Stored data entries
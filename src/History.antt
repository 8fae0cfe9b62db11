-- ===== src/History.antt =====
-- test-vectors/history/history.hpp: the recent history and its Merkle mountain range.
pub mod Mmr
pub mod Represents
pub mod Blocks
pub mod Runs
pub mod Roots
mod Tests
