-- ===== src/History/Mmr.antt =====
-- `mathcal_A` of history.hpp: a leaf is appended to a Merkle mountain range. Peak n, if there, is the
-- root of 2^n leaves. Hashes are 32 bytes, read as numbers.
use cpp_jam.Common.{ℕ, suc, ◌*◌, ◌≡◌, List, [], ◌∷◌, ◌++◌, Option, none, some, arith}
use cpp_jam.Common.Bytes.{be_bytes}

-- The hash of a pair of hashes: `mathcal_H_K(frown(x, y))` for the Keccak function `keccak`.
unfoldable pub join : (List ℕ → ℕ) → ℕ → ℕ → ℕ
join keccak x y = keccak (be_bytes 32 x ++ be_bytes 32 y)

-- The loop over the peaks: the leaf goes to the first free place, and a peak that is in its way is
-- taken out and joined with it.
unfoldable pub append : (List ℕ → ℕ) → List (Option ℕ) → ℕ → List (Option ℕ)
append keccak [] l = some l ∷ []
append keccak (none ∷ peaks) l = some l ∷ peaks
append keccak (some p ∷ peaks) l = none ∷ append keccak peaks (join keccak p l)

-- The number of leaves, with the peaks as binary digits.
unfoldable pub size : List (Option ℕ) → ℕ
size [] = 0
size (none ∷ peaks) = 2 * size peaks
size (some p ∷ peaks) = suc (2 * size peaks)

-- Appending counts up by one in binary, carries included.
pub size-append :
    (keccak : List ℕ → ℕ) (peaks : List (Option ℕ)) (l : ℕ)
    → size (append keccak peaks l) ≡ suc (size peaks)
unfolding size append
size-append keccak [] l = omega arith
size-append keccak (none ∷ peaks) l = omega arith
size-append keccak (some p ∷ peaks) l = omega (arith, size-append keccak peaks (join keccak p l))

- _WHAT YOU SHOULD DO_
Every entry must be repeated exactly; none may be skipped.

- _REPLY TO THE EXERCISE_
filename src/History.antt
repository 8fae0cfe9b62db11
-- ===== src/History.antt =====
-- test-vectors/history/history.hpp: the recent history and its Merkle mountain range.
pub mod Mmr
pub mod Represents
pub mod Blocks
pub mod Runs
pub mod Roots
mod Tests
-- ===== src/History/Mmr.antt =====
-- `mathcal_A` of history.hpp: a leaf is appended to a Merkle mountain range. Peak n, if there, is the
-- root of 2^n leaves. Hashes are 32 bytes, read as numbers.
use cpp_jam.Common.{ℕ, suc, ◌*◌, ◌≡◌, List, [], ◌∷◌, ◌++◌, Option, none, some, arith}
use cpp_jam.Common.Bytes.{be_bytes}

-- The hash of a pair of hashes: `mathcal_H_K(frown(x, y))` for the Keccak function `keccak`.
unfoldable pub join : (List ℕ → ℕ) → ℕ → ℕ → ℕ
join keccak x y = keccak (be_bytes 32 x ++ be_bytes 32 y)

-- The loop over the peaks: the leaf goes to the first free place, and a peak that is in its way is
-- taken out and joined with it.
unfoldable pub append : (List ℕ → ℕ) → List (Option ℕ) → ℕ → List (Option ℕ)
append keccak [] l = some l ∷ []
append keccak (none ∷ peaks) l = some l ∷ peaks
append keccak (some p ∷ peaks) l = none ∷ append keccak peaks (join keccak p l)

-- The number of leaves, with the peaks as binary digits.
unfoldable pub size : List (Option ℕ) → ℕ
size [] = 0
size (none ∷ peaks) = 2 * size peaks
size (some p ∷ peaks) = suc (2 * size peaks)

-- Appending counts up by one in binary, carries included.
pub size-append :
    (keccak : List ℕ → ℕ) (peaks : List (Option ℕ)) (l : ℕ)
    → size (append keccak peaks l) ≡ suc (size peaks)
unfolding size append
size-append keccak [] l = omega arith
size-append keccak (none ∷ peaks) l = omega arith
size-append keccak (some p ∷ peaks) l = omega (arith, size-append keccak peaks (join keccak p l))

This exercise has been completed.